The heart itself, if they fail within the pericardial sack, then the heart has nowhere to pump.

So that's an issue. They die of heart failure related to this recurrence.

That really is what the local regional failures -- patients, that's how they die. Patients who present with systemic metastases, cancer elsewhere outside of the box where we operated and radiated, they have -- they tend to have more of a cancer death, which is more of a weight loss, weaker body, weaker immune system, infections, and death, just one of these so-called cachectic death where it's not really one particular thing that is happening; it's just a slow demise."

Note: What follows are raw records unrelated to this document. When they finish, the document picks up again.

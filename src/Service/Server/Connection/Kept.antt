-- ===== src/Service/Server/Connection/Kept.antt =====
-- A connection keeps what its request keeps: the reads and the writes do not touch the daemon.
use sc_helper.Prelude.{none, some, Option, Bytes}
use sc_helper.Prelude.Program.{Outcome, done, failed, panicked, stuck, after, Program, ◌>>=◌}
use sc_helper.Ipc.{Request, Response}
use sc_helper.Ipc.Wire.{response_value}
use sc_helper.Ipc.Frame.{Stream, read_frame, write_frame}
use sc_helper.Service.Os.{Env, IsLawfulOs}
use sc_helper.Service.State.{Daemon}
use sc_helper.Service.Server.Request.{Build, handle_request}
use sc_helper.Service.Server.Request.Kept.{IsKept, handle_request_keeps}
use sc_helper.Service.Server.Connection.{Session, handle_connection, parsed, on_stream, on_daemon}

module _ (build : Build) (env : Env) (L : IsLawfulOs env) {I : Daemon → Type 0}
    (K : IsKept build env I) where
  answered_keeps :
      (r : Outcome Response × Session) (f : Response → Program Stream (Unit {0}))
      → I r.1.daemon
      → I (after r (λ x. on_stream (f x))).1.daemon
  answered_keeps (done x, s) f h = h
  answered_keeps (failed x, s) f h = h
  answered_keeps (panicked x, s) f h = h
  answered_keeps (stuck, s) f h = h

  parsed_keeps :
      (r : Option Request) (s : Session)
      → I s.daemon
      → I
          (after (parsed r s) λ request.
            on_daemon (handle_request build env request) >>= λ response.
            on_stream (write_frame (build.lib.to_vec (response_value response)))).1.daemon
  unfolding parsed
  parsed_keeps none s h = h
  parsed_keeps (some r) s h =
      answered_keeps (on_daemon (handle_request build env r) s) _
        (handle_request_keeps build env L K r s.daemon h)

  read_keeps :
      (r : Outcome Bytes × Stream) (d : Daemon)
      → I d
      → I
          (after
            (r.0, record { stream = r.1; daemon = d })
            λ body. parsed (build.lib.request_from_slice body) >>= λ request.
              on_daemon (handle_request build env request) >>= λ response.
              on_stream (write_frame (build.lib.to_vec (response_value response)))).1.daemon
  read_keeps (done body, t) d h = parsed_keeps (build.lib.request_from_slice body) _ h
  read_keeps (failed x, t) d h = h
  read_keeps (panicked x, t) d h = h
  read_keeps (stuck, t) d h = h

  pub handle_connection_keeps :
      (s : Session) → I s.daemon → I (handle_connection build env s).1.daemon
  unfolding handle_connection
  handle_connection_keeps s h = read_keeps (read_frame s.stream) s.daemon h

So metastatic disease, that's usually the way they die. Local regional disease is the former group.

Dr. Vallieres on Pain Genesis and Control

"It depends on where -- you know, if all of the cancer does is it recurs in the other lung and does not invade any sensitive structures, then they don't have any pain from it. They just slowly die.

But if it involves their chest wall, there's a recurrence in their chest wall or elsewhere in the body where there are some sensitive fibers, then that can be a fairly severe pain that hopefully we can control with medication, orally, intravenously, patches.

If that doesn't work, sometimes we will give palliative radiation to that area to try to minimize their pain, but that can be an awful way to go, as well, and I've seen that in some patients with mesothelioma."

 Dr. Vallieres on the treatment options for Bob Treggett

"Well, at the time -- this was back in the late 2003, Alimta, which is the chemotherapy drug I was alluding to earlier, was not available outside of a research protocol.

So my opinion, he only had -- he had three options. One was no treatment at all, which was not a great option. Second option was a chemotherapy option, combining different agents that were available at the time, and when Alimta was to become available, we could have switched him to Alimta.

Alimta at the time, by the way, was also available on a compassionate drug use program through the company that makes the drug, Lilly Oncology. So if the oncologist that he was being treated with was willing to do that paperwork, that was available.

Then the third option was an option that offered some form of surgical procedure to him. I discussed with him pleurectomy, which is one operation that I don't do, I don't favor, but other experts with mesothelioma believe is a good operation, where all you do is you remove the lining. You don't remove the whole lung. You just remove all that lining around that has the disease.

And then the option I favored was an option, since he had early disease, he appeared to have good physiological reserve that would allow him to tolerate this aggressive treatment, I told him that, if you want to treat this aggressively, he could receive pre-op chemotherapy, followed by surgery, followed by hemithorax radiation, and I explained to him what the rationale behind those three modalities were."

 Dr. Vallieres on Bob Treggett's Surgery and Complications

"Not during the procedure itself, but if I recall, about day two or three after the surgery, he had atrial fibrillation, which is unfortunately too common of a problem that we see after the surgery.

What this is is a rhythm issue with their heart. The right -- the atrial portion of their heart starts racing on them.

He also developed a left-sided pleural effusion early after surgery, within the first week, that we had to have the radiologist dry out a few times under ultrasound guidance, and this fluid kept coming back. There was no evidence of cancer causing this. I wasn't sure why it was happening, but eventually what I did is I put in a small catheter in his left side so that he could drain himself out at home, and so we didn't have to keep him in the hospital just to manage that fluid issue."

"... about day three, he just had a very bad day, and I recall it because he looked so good the first couple of days, and then day three, he took a hit pain-wise, and then -- I wasn't surprised because it's kind of the common way these patients behave after surgery, but he looked so good for the first few days, and day three I recall he just didn't look as good."